> _Your task_:
Every line below between the one holding "7 area).0 ≡ success)" and the one holding "((channel_at area 1).consumer_initialized", inclusive, should be copied exactly, and no other line.

> _Records for processing_:
-- ===== src/Ipc/Errors.antt =====
-- When the transfers of pointers and messages succeed, and what they do when they fail.
use enb_l1_b4860_ppc.Common.{ℕ, ◌<◌, ◌≡◌, ◌⊎◌, ◌↔◌, Bool, true, none, arith}
use enb_l1_b4860_ppc.Channel.{initialized}
use enb_l1_b4860_ppc.Channel.Ring.{IsRing, pending, is_full_iff, is_empty_iff}
use enb_l1_b4860_ppc.Ipc.{
  success, Ipc, channel_at, open_prod_ch, send_ptr, send_msg, send_msg_opened, recv_ptr, recv_msg,
  set_consumed_status,
}

module _ (lock : ℕ → Bool) (p2v : ℕ → ℕ) (id : ℕ) where
  -- Each of fsl_ipc_send_ptr, fsl_ipc_send_msg, fsl_ipc_recv_ptr, fsl_ipc_recv_msg and
  -- fsl_ipc_set_consumed_status returns ERR_SUCCESS, or it leaves the state as it was and stores
  -- nothing through its pointers; fsl_ipc_send_msg has marked the channel as opened all the same.
  pub failure-keeps :
      (ipc : Ipc) (a n : ℕ)
      → (((send_ptr lock p2v id a n ipc).0 ≡ success) ⊎ ((send_ptr lock p2v id a n ipc).1 ≡ ipc))
        × (((send_msg lock p2v id a n ipc).0 ≡ success)
            ⊎ ((send_msg lock p2v id a n ipc).1 ≡ open_prod_ch id ipc))
        × (((recv_ptr lock p2v id ipc).0 ≡ success)
            ⊎ (((recv_ptr lock p2v id ipc).1 ≡ none) × ((recv_ptr lock p2v id ipc).2 ≡ ipc)))
        × (((recv_msg lock p2v id a ipc).0 ≡ success)
            ⊎ (((recv_msg lock p2v id a ipc).1 ≡ none) × ((recv_msg lock p2v id a ipc).2 ≡ ipc)))
        × (((set_consumed_status lock p2v id ipc).0 ≡ success)
            ⊎ ((set_consumed_status lock p2v id ipc).1 ≡ ipc))
  unfolding send_ptr send_msg send_msg_opened recv_ptr recv_msg set_consumed_status
  failure-keeps ipc a n = ground arith

  -- On a valid ring `fsl_ipc_send_ptr` succeeds exactly when the consumer has opened the channel,
  -- the semaphore can be had and fewer descriptors wait than the ring holds.
  pub send_ptr-success_iff :
      (ipc : Ipc) (a n : ℕ)
      → IsRing (channel_at ipc id)
      → ((send_ptr lock p2v id a n ipc).0 ≡ success) ↔ (
          ((channel_at ipc id).consumer_initialized ≡ initialized)
          × (lock id ≡ true)
          × (pending (channel_at ipc id) < (channel_at ipc id).bd_ring_size))
  unfolding send_ptr
  send_ptr-success_iff ipc a n v = ground (arith, v, is_full_iff v)

  -- `fsl_ipc_recv_ptr` succeeds exactly when the channel exists, its producer has opened it, the
  -- semaphore can be had and a descriptor waits.
  pub recv_ptr-success_iff :
      (ipc : Ipc)
      → IsRing (channel_at ipc id)
      → ((recv_ptr lock p2v id ipc).0 ≡ success) ↔ (
          (id < ipc.max_channels)
          × ((channel_at ipc id).producer_initialized ≡ initialized)
          × (lock id ≡ true)
          × (0 < pending (channel_at ipc id)))
  unfolding recv_ptr
  recv_ptr-success_iff ipc v = ground (arith, v, is_empty_iff v)
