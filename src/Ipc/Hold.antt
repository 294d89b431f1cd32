-- ===== src/Ipc/Hold.antt =====
-- Reading in two steps: hold a descriptor, and acknowledge it later.
use enb_l1_b4860_ppc.Common.{ℕ, ◌<◌, ◌≡◌, Bool, none, some, arith}
use enb_l1_b4860_ppc.Channel.{initialized}
use enb_l1_b4860_ppc.Ipc.{
  Ipc, channel_at, recv_ptr, recv_ptr_hold, recv_msg_ptr, set_consumed_status,
}

module _ (lock : ℕ → Bool) (p2v : ℕ → ℕ) (id : ℕ) where
  -- `fsl_ipc_recv_ptr_hold` and then `fsl_ipc_set_consumed_status` have together the code, the
  -- descriptor and the effect of `fsl_ipc_recv_ptr`, on a channel that exists and is opened.
  pub hold-consumed-eq-recv :
      (ipc : Ipc)
      → id < ipc.max_channels
      → (channel_at ipc id).producer_initialized ≡ initialized
      → (let (code, bd) = recv_ptr_hold lock p2v id ipc in
          (code, bd, (set_consumed_status lock p2v id ipc).1))
        ≡ recv_ptr lock p2v id ipc
  unfolding recv_ptr recv_ptr_hold set_consumed_status
  hold-consumed-eq-recv ipc h e = ground arith

  -- `fsl_ipc_recv_msg_ptr` gives the mapped address and the length of the descriptor that
  -- `fsl_ipc_recv_ptr_hold` gives, with the same code, on a channel that is opened.
  pub recv_msg_ptr-eq_hold :
      (ipc : Ipc)
      → (channel_at ipc id).producer_initialized ≡ initialized
      → recv_msg_ptr lock p2v id ipc ≡ (
          let (code, bd) = recv_ptr_hold lock p2v id ipc in
          (code, elim bd [ none ↦ none | some b ↦ some (p2v b.msg_ptr, b.msg_len) ]))
  unfolding recv_msg_ptr recv_ptr_hold
  recv_msg_ptr-eq_hold ipc e = ground arith
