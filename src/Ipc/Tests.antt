-- ===== src/Ipc/Tests.antt =====
-- Runs of the transfers on a concrete control area, and the theorems at inputs that meet their
-- hypotheses.
use enb_l1_b4860_ppc.Common.{
  ℕ, zero, suc, ◌+◌, ◌%◌, ◌<◌, ◌≡◌, ◌⊎◌, refl, ◌↔◌, Bool, true, false, none, some, List, [], ◌∷◌,
  arith, ◌^◌, ◌-◌,
}
use enb_l1_b4860_ppc.Channel.{
  Bd, Channel, initialized, is_empty, is_full, virtual_int, advance_producer, advance_consumer,
}
use enb_l1_b4860_ppc.Channel.Ring.{IsRing, pending}
use enb_l1_b4860_ppc.Ipc.{
  success, channel_full, channel_empty, Ipc, no_channel, channel_at, put_channel,
  generate_indication, open_prod_ch, send_ptr, send_msg, recv_ptr, recv_ptr_hold, recv_msg,
  set_consumed_status, chk_recv_status, recv_status,
}
use enb_l1_b4860_ppc.Ipc.Ptr.{
  Transfer, send, recv, hold, consumed, fifo_run, IsLinked, waiting, step, run, transfers_refine,
}
use enb_l1_b4860_ppc.Common.Testbit.{testbit}
use enb_l1_b4860_ppc.Ipc.Status.{HaveBits, is_ready, chk_recv_status-bit}
use enb_l1_b4860_ppc.Ipc.Message.{IsSendable, send_msg-recv_msg}
use enb_l1_b4860_ppc.Ipc.Errors.{failure-keeps, send_ptr-success_iff, recv_ptr-success_iff}

abbrev bd : ℕ → ℕ → Bd
bd p n = record { msg_ptr = p; msg_len = n }

-- A ring of two whose counters are about to wrap, with one descriptor in it.
abbrev wrapping : Channel
wrapping = record no_channel {
  producer_initialized = initialized;
  consumer_initialized = initialized;
  id = 1;
  producer_num = 0xffffffff;
  consumer_num = 0xfffffffe;
  bd_ring_size = 2;
  max_msg_size = 64;
  bds = bd 100 8 ∷ bd 200 8 ∷ [];
  ipc_ind = virtual_int;
  local_producer_num = 1;
  local_consumer_num = 0;
}

-- The same with nothing in it, and a channel that nobody has opened.
abbrev idle : Channel
idle = record wrapping { consumer_num = 0xffffffff; local_consumer_num = 1 }

abbrev shut : Channel
shut = record no_channel { id = 3; bds = bd 1 1 ∷ bd 2 2 ∷ bd 3 3 ∷ [] }

abbrev area : Ipc
area = record {
  channels = no_channel ∷ wrapping ∷ idle ∷ shut ∷ [];
  us_channels = [];
  max_depth = 2;
  max_channels = 4;
  dsp_ccsr_vaddr = 0x1000;
  memory = λ a. a % 256;
  registers = [];
}

abbrev free : ℕ → Bool
free _ = true

-- A mapping of the control area at a fixed distance.
abbrev mapped : ℕ → ℕ
mapped p = p + 0x10000

abbrev transfers : List Transfer
transfers = send 300 4 ∷ send 400 4 ∷ hold ∷ recv ∷ consumed ∷ recv ∷ []

run-transfers :
    (run free mapped 1 area transfers).0
    ≡ (success, none)
      ∷ (channel_full, none)
      ∷ (success, some (bd 100 8))
      ∷ (success, some (bd 100 8))
      ∷ (success, none)
      ∷ (channel_empty, none)
      ∷ []
unfolding run step send_ptr recv_ptr recv_ptr_hold set_consumed_status channel_at put_channel
    is_full is_empty generate_indication advance_producer advance_consumer
run-transfers = refl

wrapping-IsRing : IsRing wrapping
wrapping-IsRing = record {
  size_word = omega arith;
  storage = omega arith;
  producer_word = omega arith;
  consumer_word = omega arith;
  producer_in = omega arith;
  consumer_in = omega arith;
  count = omega arith;
  apart = refl;
}

idle-IsRing : IsRing idle
idle-IsRing = record {
  size_word = omega arith;
  storage = omega arith;
  producer_word = omega arith;
  consumer_word = omega arith;
  producer_in = omega arith;
  consumer_in = omega arith;
  count = omega arith;
  apart = refl;
}

wrapping-IsLinked : IsLinked 1 area
unfolding channel_at
wrapping-IsLinked = record {
  in_array = omega arith;
  in_range = omega arith;
  producer_open = refl;
  consumer_open = refl;
  ring = wrapping-IsRing;
}

idle-IsSendable : IsSendable free mapped 2 10 area
unfolding channel_at
idle-IsSendable = record {
  linked = record {
    in_array = omega arith;
    in_range = omega arith;
    producer_open = refl;
    consumer_open = refl;
    ring = idle-IsRing;
  };
  free = refl;
  room = omega arith;
  mapped = omega arith;
  fits = omega arith;
}

transfers_refine_example :
    (let (as', ipc') = run free mapped 1 area transfers in (as', waiting 1 ipc'))
    ≡ fifo_run (channel_at area 1).bd_ring_size (waiting 1 area) transfers
transfers_refine_example = transfers_refine free mapped 1 refl transfers wrapping-IsLinked

send_msg-recv_msg_example :
    (ipc' ipc'' : Ipc) × (send_msg free mapped 2 5000 10 area ≡ (success, ipc'))
    × (recv_msg free mapped 2 6000 ipc' ≡ (success, some 10, ipc''))
    × (pending (channel_at ipc'' 2) ≡ 0)
    × (ipc''.memory (6000 + 3) ≡ area.memory (5000 + 3))
unfolding channel_at
send_msg-recv_msg_example =
    send_msg-recv_msg free mapped 2 5000 10 area 6000 3 idle-IsSendable refl (omega arith)

failure-keeps_example :
    (((send_ptr free mapped 3 7 8 area).0 ≡ success) ⊎ ((send_ptr free mapped 3 7 8 area).1 ≡ area))
    × (((send_msg free mapped 3 7 8 area).0 ≡ success)
        ⊎ ((send_msg free mapped 3 7 8 area).1 ≡ open_prod_ch 3 area))
    × (((recv_ptr free mapped 3 area).0 ≡ success)
        ⊎ (((recv_ptr free mapped 3 area).1 ≡ none) × ((recv_ptr free mapped 3 area).2 ≡ area)))
    × (((recv_msg free mapped 3 7 area).0 ≡ success)
        ⊎ (((recv_msg free mapped 3 7 area).1 ≡ none) × ((recv_msg free mapped 3 7 area).2 ≡ area)))
    × (((set_consumed_status free mapped 3 area).0 ≡ success)
        ⊎ ((set_consumed_status free mapped 3 area).1 ≡ area))
failure-keeps_example = failure-keeps free mapped 3 area 7 8

send_ptr-success_iff_example : ((send_ptr free mapped 1 7 8 area).0 ≡ success) ↔ (
    ((channel_at area 1).consumer_initialized ≡ initialized)
    × (free 1 ≡ true)
    × (pending (channel_at area 1) < (channel_at area 1).bd_ring_size))
send_ptr-success_iff_example = send_ptr-success_iff free mapped 1 area 7 8 wrapping-IsLinked.ring

recv_ptr-success_iff_example : ((recv_ptr free mapped 1 area).0 ≡ success) ↔ (
    (1 < area.max_channels)
    × ((channel_at area 1).producer_initialized ≡ initialized)
    × (free 1 ≡ true)
    × (0 < pending (channel_at area 1)))
recv_ptr-success_iff_example = recv_ptr-success_iff free mapped 1 area wrapping-IsLinked.ring

-- Channels 1 and 2 are configured; a descriptor waits on 1.
abbrev polled : Ipc
polled = record area {
  us_channels =
      record { cbfunc = 0; signal = 0; channel_id = 1 }
      ∷ record { cbfunc = 0; signal = 0; channel_id = 2 }
      ∷ [];
}

chk_recv_status-polled : chk_recv_status polled ≡ 2 ^ 62
unfolding chk_recv_status recv_status is_empty channel_at
chk_recv_status-polled = refl

chk_recv_status-bit_example : (testbit (63 - 1) (chk_recv_status polled) ≡ 1) ↔ (
    ((suc zero ≡ zero) × (is_empty (channel_at polled 0) ≡ false))
    ⊎ (is_ready polled 1 polled.us_channels ≡ true))
unfolding HaveBits
chk_recv_status-bit_example =
    chk_recv_status-bit polled 1 (omega arith) (omega arith, (omega arith, tt))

> _Worked solution_:
    × (((recv_msg free mapped 3 7 area).0 ≡ success)
        ⊎ (((recv_msg free mapped 3 7 area).1 ≡ none) × ((recv_msg free mapped 3 7 area).2 ≡ area)))
    × (((set_consumed_status free mapped 3 area).0 ≡ success)
        ⊎ ((set_consumed_status free mapped 3 area).1 ≡ area))
failure-keeps_example = failure-keeps free mapped 3 area 7 8

send_ptr-success_iff_example : ((send_ptr free mapped 1 7 8 area).0 ≡ success) ↔ (
    ((channel_at area 1).consumer_initialized ≡ initialized)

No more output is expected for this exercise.